To do: Please could you give again the lines from the one holding "pub policies : List String" through the final line of the data below, exactly, with no other lines?
[[ Data for processing open ]]
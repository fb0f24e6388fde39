-- ===== src/Api/AccessKey.antt =====
-- pkg/api/bfiola.dev/v1/minioaccesskey.go.
use minio_operator_ext.Base.{String, Bool, Option, List}
use minio_operator_ext.Api.Common.{ObjectMeta, ResourceRef, ResourceKeyRef, Time}
use minio_operator_ext.Api.Policy.{MinioPolicyStatement}

pub record MinioAccessKeyIdentity : Type 0 where
  pub builtin : String
  pub ldap : String

pub record MinioAccessKeyPolicy : Type 0 where
  pub statement : List MinioPolicyStatement
  pub version : String

pub record MinioAccessKeySpec : Type 0 where
  pub access_key : String
  pub access_key_ref : ResourceKeyRef
  pub description : String
  pub expiration : Option Time
  pub migrate : Bool
  pub name : String
  pub policy : MinioAccessKeyPolicy
  pub secret_key_ref : ResourceKeyRef
  pub secret_name : String
  pub tenant_ref : ResourceRef
  pub user : MinioAccessKeyIdentity

pub record MinioAccessKeyStatus : Type 0 where
  pub synced : Option Bool
  pub current_spec : Option MinioAccessKeySpec
  pub current_secret_resource_version : String

pub record MinioAccessKey : Type 0 where
  pub meta : ObjectMeta
  pub spec : MinioAccessKeySpec
  pub status : MinioAccessKeyStatus
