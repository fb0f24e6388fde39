-- ===== src/Api/Foreign.antt =====
-- The fields that the program reads or writes of objects whose types are not in this repository:
-- `corev1`, the tenant of `miniov2`, and the requests and answers of `madmin`.
use minio_operator_ext.Base.{ℕ, String, Bool, Option, List}
use minio_operator_ext.Api.Common.{ObjectMeta, Time}

-- `corev1.Secret`; the bytes of a value are read as text, as `string(b)` does.
pub record Secret : Type 0 where
  pub meta : ObjectMeta
  pub owned : Bool  -- carries an owner reference
  pub contents : List (String × String)  -- `Data`
  pub string_data : List (String × String)

pub record ConfigMap : Type 0 where
  pub contents : List (String × String)  -- `Data`

pub record ServicePort : Type 0 where
  pub name : String
  pub port : ℕ

pub record Service : Type 0 where
  pub meta : ObjectMeta
  pub ports : List ServicePort

pub record LocalCertificateReference : Type 0 where
  pub name : String
  pub kind : String  -- `Type`

-- The part of `miniov2.Tenant` that is read; `configuration` is the name behind a pointer.
pub record Tenant : Type 0 where
  pub request_auto_cert : Option Bool
  pub external_cert_secret : List LocalCertificateReference
  pub external_ca_cert_secret : List LocalCertificateReference
  pub configuration : Option String

-- `x509.CertPool`: the pool that it began as, and the PEM texts appended, in order.
pub record CertPool : Type 0 where
  pub from_system : Bool
  pub pems : List String

-- What `madmin.New` or `minioclient.New` was given; `root_cas` is the custom transport's pool.
pub record Connection : Type 0 where
  pub endpoint : String
  pub access_key : String
  pub secret_key : String
  pub secure : Bool
  pub root_cas : Option CertPool

pub record GroupAddRemove : Type 0 where
  pub group : String
  pub members : List String
  pub is_remove : Bool

pub record GroupDesc : Type 0 where
  pub members : List String

pub record PolicyAssociationReq : Type 0 where
  pub group : String
  pub policies : List String
  pub user : String

pub record PolicyMapping : Type 0 where
  pub groups : List String
  pub users : List String

pub record IdpConfigItem : Type 0 where
  pub key : String
  pub value : String

pub record AddServiceAccountReq : Type 0 where
  pub access_key : String
  pub description : String
  pub expiration : Option Time
  pub name : String
  pub secret_key : String
  pub policy : Option String  -- `nil` or a JSON text
  pub target_user : String

pub record UpdateServiceAccountReq : Type 0 where
  pub new_description : String
  pub new_expiration : Option Time
  pub new_name : String
  pub new_policy : Option String  -- `none` is the empty slice
  pub new_secret_key : String

pub record InfoServiceAccountResp : Type 0 where
  pub description : String
  pub expiration : Option Time
  pub implied_policy : Bool
  pub name : String
  pub policy : String

-- `minioclient.BucketVersioningConfiguration`
pub record BucketVersioning : Type 0 where
  pub status : String
  pub mfa_delete : String
  pub excluded_prefixes : List String
  pub exclude_folders : Bool

-- `lifecycle.Configuration`, known by its XML text: the program never looks into it.
pub record BucketLifecycle : Type 0 where
  pub text : String
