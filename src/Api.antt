-- ===== src/Api.antt =====
-- The custom resources of pkg/api/bfiola.dev/v1, and the fields that the program reads of the
-- Kubernetes and MinIO objects (types of packages that are not in this repository).
mod Common
mod Group
mod User
mod Policy
mod AccessKey
mod Bucket
mod Foreign
unfoldable pub use Common.*
pub use Group.*
pub use User.*
pub use Policy.*
pub use Bucket.*
pub use AccessKey.*
pub use Foreign.*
[[ Data for processing closed ]]
Reply:
  pub policies : List String
  pub user : String

pub record PolicyMapping : Type 0 where
  pub groups : List String
  pub users : List String

pub record IdpConfigItem : Type 0 where
  pub key : String
  pub value : String

pub record AddServiceAccountReq : Type 0 where
  pub access_key : String
  pub description : String
  pub expiration : Option Time
  pub name : String
  pub secret_key : String
  pub policy : Option String  -- `nil` or a JSON text
  pub target_user : String

pub record UpdateServiceAccountReq : Type 0 where
  pub new_description : String
  pub new_expiration : Option Time
  pub new_name : String
  pub new_policy : Option String  -- `none` is the empty slice
  pub new_secret_key : String

pub record InfoServiceAccountResp : Type 0 where
  pub description : String
  pub expiration : Option Time
  pub implied_policy : Bool
  pub name : String
  pub policy : String

-- `minioclient.BucketVersioningConfiguration`
pub record BucketVersioning : Type 0 where
  pub status : String
  pub mfa_delete : String
  pub excluded_prefixes : List String
  pub exclude_folders : Bool

-- `lifecycle.Configuration`, known by its XML text: the program never looks into it.
pub record BucketLifecycle : Type 0 where
  pub text : String
filename src/Api.antt
-- ===== src/Api.antt =====
-- The custom resources of pkg/api/bfiola.dev/v1, and the fields that the program reads of the
-- Kubernetes and MinIO objects (types of packages that are not in this repository).
mod Common
mod Group
mod User
mod Policy
mod AccessKey
mod Bucket
mod Foreign
unfoldable pub use Common.*
pub use Group.*
pub use User.*
pub use Policy.*
pub use Bucket.*
pub use AccessKey.*
pub use Foreign.*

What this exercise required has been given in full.